■ THE TASK
Copy each entry below exactly as it reads.

..........

-- ===== src/AnyResult.antt =====
-- `goAnyResult` of include/synca/once/core.h: a journey for each handler, and a caller that goes on with the
-- first value that one of them gives, or with none when the last reference to the shared `Counter` is gone.
pub mod Answer
mod Examples
use replob_prototype.Prelude.{
  ℕ, ◌+◌, ◌-◌, ◌%◌, ◌^◌, ◌<◌, ◌≡◌, ◌==◌, Bool, true, false, if◌then◌else◌, Option, none, some,
}

-- `running` journeys are in their handlers; `winner` is the value of the one that has counted to one and is to
-- proceed, and `starting` tells whether the caller still starts journeys. Each of these holds a reference to
-- the `Counter`. `first` is the first value that came to the counter.
pub record AnyResult (R : Type 0) : Type 0 where
  pub counter : ℕ
  pub running : ℕ
  pub winner : Option R
  pub starting : Bool
  pub destroyed : Bool
  pub result : Option R
  pub proceeds : ℕ
  pub first : Option R

-- `goAnyResult` with this many handlers
unfoldable pub any_started : {R : Type 0} → ℕ → AnyResult R
any_started n = record {
  counter = 0;
  running = n;
  winner = none;
  starting = true;
  destroyed = false;
  result = none;
  proceeds = 0;
  first = none;
}

-- `++counter == 1`, where `counter` is an int
abbrev pub counts_to_one : ℕ → Bool
counts_to_one c = (c + 1) % 2 ^ 32 == 1

module _ {R : Type 0} where
  -- A handler has given a value, in `tryProceed` up to the call of `proceed`.
  unfoldable pub give : R → AnyResult R → AnyResult R
  give r s = record s {
    counter = (s.counter + 1) % 2 ^ 32;
    running = s.running - 1;
    winner = if counts_to_one s.counter then some r else s.winner;
    first = if counts_to_one s.counter then some r else s.first;
  }

  -- A handler has given none, or has thrown.
  unfoldable pub give_none : AnyResult R → AnyResult R
  give_none s = record s { running = s.running - 1 }

  -- The call of `proceed` with the value
  unfoldable pub proceed_with : R → AnyResult R → AnyResult R
  proceed_with r s = record s { winner = none; result = some r; proceeds = s.proceeds + 1 }

  unfoldable pub all_started : AnyResult R → AnyResult R
  all_started s = record s { starting = false }

  -- `~Counter`
  unfoldable pub destroy : AnyResult R → AnyResult R
  destroy s = record s {
    counter = (s.counter + 1) % 2 ^ 32;
    destroyed = true;
    result = if counts_to_one s.counter then none else s.result;
    proceeds = if counts_to_one s.counter then s.proceeds + 1 else s.proceeds;
  }

pub data Step {R : Type 0} (s : AnyResult R) : AnyResult R → Type 0 where
  gives : (r : R) → 0 < s.running → Step s (give r s)
  gives_none : 0 < s.running → Step s (give_none s)
  proceeds : (r : R) → s.winner ≡ some r → Step s (proceed_with r s)
  starts_all : s.starting ≡ true → Step s (all_started s)
  -- The last reference is gone.
  destroys :
      s.running ≡ 0
      → s.winner ≡ none
      → s.starting ≡ false
      → s.destroyed ≡ false
      → Step s (destroy s)

-- There are fewer than 2^31 handlers.
pub data Reach {R : Type 0} (n : ℕ) : AnyResult R → Type 0 where
  here : n < 2 ^ 31 → Reach n (any_started n)
  next : {s t : AnyResult R} → Reach n s → Step s t → Reach n t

..........

■ TASK RESULT
-- ===== src/AnyResult.antt =====
-- `goAnyResult` of include/synca/once/core.h: a journey for each handler, and a caller that goes on with the
-- first value that one of them gives, or with none when the last reference to the shared `Counter` is gone.
pub mod Answer
mod Examples
use replob_prototype.Prelude.{
  ℕ, ◌+◌, ◌-◌, ◌%◌, ◌^◌, ◌<◌, ◌≡◌, ◌==◌, Bool, true, false, if◌then◌else◌, Option, none, some,
}

-- `running` journeys are in their handlers; `winner` is the value of the one that has counted to one and is to
-- proceed, and `starting` tells whether the caller still starts journeys. Each of these holds a reference to
-- the `Counter`. `first` is the first value that came to the counter.
pub record AnyResult (R : Type 0) : Type 0 where
  pub counter : ℕ
  pub running : ℕ
  pub winner : Option R
  pub starting : Bool
  pub destroyed : Bool
  pub result : Option R
  pub proceeds : ℕ
  pub first : Option R

-- `goAnyResult` with this many handlers
unfoldable pub any_started : {R : Type 0} → ℕ → AnyResult R
any_started n = record {
  counter = 0;
  running = n;
  winner = none;
  starting = true;
  destroyed = false;
  result = none;
  proceeds = 0;
  first = none;
}

-- `++counter == 1`, where `counter` is an int
abbrev pub counts_to_one : ℕ → Bool
counts_to_one c = (c + 1) % 2 ^ 32 == 1

module _ {R : Type 0} where
  -- A handler has given a value, in `tryProceed` up to the call of `proceed`.
  unfoldable pub give : R → AnyResult R → AnyResult R
  give r s = record s {
    counter = (s.counter + 1) % 2 ^ 32;
    running = s.running - 1;
    winner = if counts_to_one s.counter then some r else s.winner;
    first = if counts_to_one s.counter then some r else s.first;
  }

  -- A handler has given none, or has thrown.
  unfoldable pub give_none : AnyResult R → AnyResult R
  give_none s = record s { running = s.running - 1 }

  -- The call of `proceed` with the value
  unfoldable pub proceed_with : R → AnyResult R → AnyResult R
  proceed_with r s = record s { winner = none; result = some r; proceeds = s.proceeds + 1 }

  unfoldable pub all_started : AnyResult R → AnyResult R
  all_started s = record s { starting = false }

  -- `~Counter`
  unfoldable pub destroy : AnyResult R → AnyResult R
  destroy s = record s {
    counter = (s.counter + 1) % 2 ^ 32;
    destroyed = true;
    result = if counts_to_one s.counter then none else s.result;
    proceeds = if counts_to_one s.counter then s.proceeds + 1 else s.proceeds;
  }

pub data Step {R : Type 0} (s : AnyResult R) : AnyResult R → Type 0 where
  gives : (r : R) → 0 < s.running → Step s (give r s)
  gives_none : 0 < s.running → Step s (give_none s)
  proceeds : (r : R) → s.winner ≡ some r → Step s (proceed_with r s)
  starts_all : s.starting ≡ true → Step s (all_started s)
  -- The last reference is gone.
  destroys :
      s.running ≡ 0
      → s.winner ≡ none
      → s.starting ≡ false
      → s.destroyed ≡ false
      → Step s (destroy s)

-- There are fewer than 2^31 handlers.
pub data Reach {R : Type 0} (n : ℕ) : AnyResult R → Type 0 where
  here : n < 2 ^ 31 → Reach n (any_started n)
  next : {s t : AnyResult R} → Reach n s → Step s t → Reach n t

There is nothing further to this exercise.